Soylent is a little more "pancake/unsweetened cake batter" flavor than
Misugaru, but the experience is remarkably similar.

Soylent is weird stuff, I expect to get hungry shortly after drinking it, but
it holds satiation longer than regular food for me. I usually drink it as a
quick breakfast, and where I'd normally get hungry around 11:00-11:30, I'll
still be fine till around 1:00-1:30pm. I've also started drinking it on
weekends where my option is microwave garbage or fast food. I'll be fuller,
longer, and can _almost_ guarantee it will have a better nutrition profile
than what I _would_ have eaten. And it'll probably have been cheaper as well.

As a result, I'm buying fewer groceries, and I have other stuff in my freezer
that I'm not eating and seem to just take up space. I have fewer dishes to do
as well. It's kind of weird how much time and space is taken up by food and
food related activities and items and you don't realize it until you don't
need them.

The only real weird side effect I've had is that when I go for a couple days
at more than half Soylent, I get really vivid dreams, often about eating red
meat. They're kind of disturbing so I usually just keep to under half my
meals. That way. I've read other people reporting similar meat cravings and
vivid dreams as well when they dose up.

One other benefit, when I decide to eat food, I'm doing it for flavor and
experience, so I find I'm focusing on finding great foods to eat more than
just looking for something to get me through the next few hours. It's
paradoxically made me like good food more than I did.

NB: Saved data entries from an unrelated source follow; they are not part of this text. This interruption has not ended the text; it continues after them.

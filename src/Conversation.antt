-- ===== src/Conversation.antt =====
-- crates/node/src/conversation.rs: a conversation in memory, what of it the planner is shown. The
-- text of a number is a parameter.
pub mod Window
pub mod Stored
pub mod Persistence
use Prim.Native.String.{◌++◌ as join}
use n3ur0n.Storage.Conversations
use n3ur0n.Prelude.{
  leb, eqb, if◌then◌else◌, length, get_last?, Result, ℕ, zero, suc, ◌+◌, ◌-◌, String, Bool, true,
  false, not, ◌&&◌, Option, none, some, List, [], ◌∷◌, ◌++◌, ◌==◌,
}
use n3ur0n.Handler.Admission.{start}
use n3ur0n.Identity.{InstanceId}
use n3ur0n.Json.{Value}
use n3ur0n.Storage.{StorageError}
use n3ur0n.Text.{trim}

pub data ConversationError : Type 0 where
  storage : StorageError → ConversationError
  serde : ConversationError
  not_found : String → ConversationError
  ownership_mismatch : ConversationError

abbrev pub ConversationResult : Type 0 → Type 0
ConversationResult A = Result ConversationError A

pub record UserAttachment : Type 0 where
  pub hash : String
  pub mime : String
  pub size : ℕ
  pub name : Option String

pub record UserInput : Type 0 where
  pub text : String
  pub attachments : List UserAttachment

unfoldable pub is_empty : UserInput → Bool
is_empty sent = trim sent.text == "" && eqb (length sent.attachments) 0

abbrev label_of : UserAttachment → Option String → String
label_of att none = att.mime
label_of att (some name) = name

-- The loop over the attachments.
unfoldable pub with_attachments : (ℕ → String) → String → List UserAttachment → String
with_attachments show words [] = words
with_attachments show words (att ∷ atts) =
    with_attachments show
      (join words (
        join "\n[attachment: " (
          join (label_of att att.name)
            (join " · " (join att.hash (join " · " (join (show att.size) " bytes]")))))))
      atts

unfoldable pub planner_text : (ℕ → String) → UserInput → String
planner_text show sent =
    let words = trim sent.text in
    let count = length sent.attachments in
    with_attachments show
      (if words == "" && not (eqb count 0)
        then join "The user sent " (join (show count) " file(s).")
        else words)
      sent.attachments

pub data Turn : Type 0 where
  user : String → List UserAttachment → ℕ → Turn
  assistant : String → Option String → ℕ → Turn
  tool_call : String → InstanceId → String → Value → ℕ → Turn
  tool_result : String → InstanceId → String → Option Value → Option String → ℕ → Turn
  system : String → ℕ → Turn

abbrev pub role_label : Turn → String
role_label (user said atts ts) = "user"
role_label (assistant said model ts) = "assistant"
role_label (tool_call id peer_id capability args ts) = "tool_call"
role_label (tool_result call_id peer_id capability result e ts) = "tool_result"
role_label (system said ts) = "system"

abbrev pub stamp_of : Turn → ℕ
stamp_of (user said atts ts) = ts
stamp_of (assistant said model ts) = ts
stamp_of (tool_call id peer_id capability args ts) = ts
stamp_of (tool_result call_id peer_id capability result e ts) = ts
stamp_of (system said ts) = ts

-- The field `next_seq` is the number of the last turn.
pub record ConversationState : Type 0 where
  pub id : String
  pub client_id : String
  pub title : Option String
  pub created_at : ℕ
  pub updated_at : ℕ
  pub turns : List Turn
  pub last_seq : ℕ

-- `ConversationState::new`, at the present second.
unfoldable pub new_state : String → String → Option String → ℕ → ConversationState
new_state id client_id title now = record {
  id = id;
  client_id = client_id;
  title = title;
  created_at = now;
  updated_at = now;
  turns = [];
  last_seq = 0;
}

unfoldable pub next_seq : ConversationState → ℕ
next_seq state = state.last_seq + 1

unfoldable pub push : ConversationState → Turn → ConversationState
push state t = record {
  id = state.id;
  client_id = state.client_id;
  title = state.title;
  created_at = state.created_at;
  updated_at = stamp_of t;
  turns = state.turns ++ t ∷ [];
  last_seq = state.last_seq + 1;
}

unfoldable pub push_user_input : ConversationState → UserInput → ℕ → ConversationState
push_user_input state sent now = push state (user sent.text sent.attachments now)

unfoldable pub push_assistant : ConversationState → String → Option String → ℕ → ConversationState
push_assistant state said model now = push state (assistant said model now)

unfoldable pub push_tool_call_with_id :
    ConversationState → String → InstanceId → String → Value → ℕ → ConversationState
push_tool_call_with_id state id peer_id capability args now =
    push state (tool_call id peer_id capability args now)

unfoldable pub push_tool_result :
    ConversationState
    → String
    → InstanceId
    → String
    → Option Value
    → Option String
    → ℕ
    → ConversationState
push_tool_result state call_id peer_id capability result e now =
    push state (tool_result call_id peer_id capability result e now)

unfoldable pub push_system : ConversationState → String → ℕ → ConversationState
push_system state said now = push state (system said now)

abbrev pub restarted : String
restarted = "instance restarted before result was persisted"

abbrev pub repaired : ConversationState → ℕ → Option Turn → ConversationState
repaired state now (some (tool_call id peer_id capability args ts)) =
    push_tool_result state id peer_id capability none (some restarted) now
repaired state now (some (user said atts ts)) = state
repaired state now (some _) = state
repaired state now none = state

unfoldable pub validate : ConversationState → ℕ → ConversationState
validate state now = repaired state now (get_last? state.turns)

abbrev pub is_assistant : Turn → Bool
is_assistant (assistant said model ts) = true
is_assistant (user said atts ts) = false
is_assistant _ = false

abbrev pub is_tool : Turn → Bool
is_tool (tool_call id peer_id capability args ts) = true
is_tool (tool_result call_id peer_id capability result e ts) = true
is_tool (user said atts ts) = false
is_tool _ = false

-- `last_assistant_idx`, of the turns from an index on.
unfoldable pub last_assistant : ℕ → List Turn → Option ℕ
last_assistant i [] = none
last_assistant i (t ∷ ts) = elim (last_assistant (suc i) ts) [
  | some j ↦ some j
  | none ↦ if is_assistant t then some i else none
]

abbrev pub is_past : ℕ → Option ℕ → Bool
is_past i none = false
is_past i (some li) = leb i li

unfoldable pub visible_from : Option ℕ → ℕ → List Turn → List Turn
visible_from li i [] = []
visible_from li i (t ∷ ts) =
    let rest = visible_from li (suc i) ts in if is_tool t && is_past i li then rest else t ∷ rest

unfoldable pub filter_visible_for_llm : List Turn → List Turn
filter_visible_for_llm turns = visible_from (last_assistant 0 turns) 0 turns

-- `refs.get(n)` and `refs[n..]`
unfoldable pub get_elem? : List Turn → ℕ → Option Turn
get_elem? [] n = none
get_elem? (t ∷ ts) zero = some t
get_elem? (t ∷ ts) (suc n) = get_elem? ts n

unfoldable pub drop : ℕ → List Turn → List Turn
drop zero ts = ts
drop (suc n) [] = []
drop (suc n) (t ∷ ts) = drop n ts

-- Whether the two turns are a call and its result.
abbrev pub is_result_of : String → Turn → Bool
is_result_of id (tool_result call_id peer_id capability result e ts) = id == call_id
is_result_of id (user said atts ts) = false
is_result_of id _ = false

abbrev pub is_pair : Option Turn → Option Turn → Bool
is_pair (some (tool_call id peer_id capability args ts)) (some t) = is_result_of id t
is_pair (some (tool_call id peer_id capability args ts)) none = false
is_pair (some _) t = false
is_pair none t = false

unfoldable pub prune_context_refs : List Turn → ℕ → List Turn
prune_context_refs refs max_turns =
    let start = length refs - max_turns in
    if leb (length refs) max_turns
    then refs
    else if is_pair (get_elem? refs (start - 1)) (get_elem? refs start)
    then drop (start - 1) refs
    else drop start refs

-- The turns that `to_chat_messages` writes out.
unfoldable pub chat_turns : ConversationState → ℕ → List Turn
chat_turns state max_turns = prune_context_refs (filter_visible_for_llm state.turns) max_turns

So on the whole: cheaper, more nutritious, more convenient offsets the boring
taste for me.

 _edit_ they also support a robust community of DIYers, which is a really
smart way of growing the marketspace out.

1 - [http://mykoreankitchen.com/2013/02/05/korean-multigrain-
shak...](http://mykoreankitchen.com/2013/02/05/korean-multigrain-shakes-
misutgaru/)

------
mojoe
I would really like to see a long-term study of heavy Soylent use. It would be
awesome if we're getting close to an optimally healthy meal replacement, but I
have some serious doubts about the stuff due to the lack of phytochemicals.
Vegetables contain thousands of organic compounds that are metabolized by our
bodies in poorly understood ways -- my hunch is that Soylent doesn't have
enough ingredients to keep human bodies running optimally. I guess it depends
on where your baseline is, though; a soylent meal seems better than a fast
food meal. I'll be watching the scientific literature with interest!

------
gmays
From 2008-2009 when I was still in the Marine Corps I spent a year in Iraq
operating on small teams while embedded with the Iraqi security forces. We'd
go out on 6-9 man teams and stay in the field for 1-2 weeks at a time.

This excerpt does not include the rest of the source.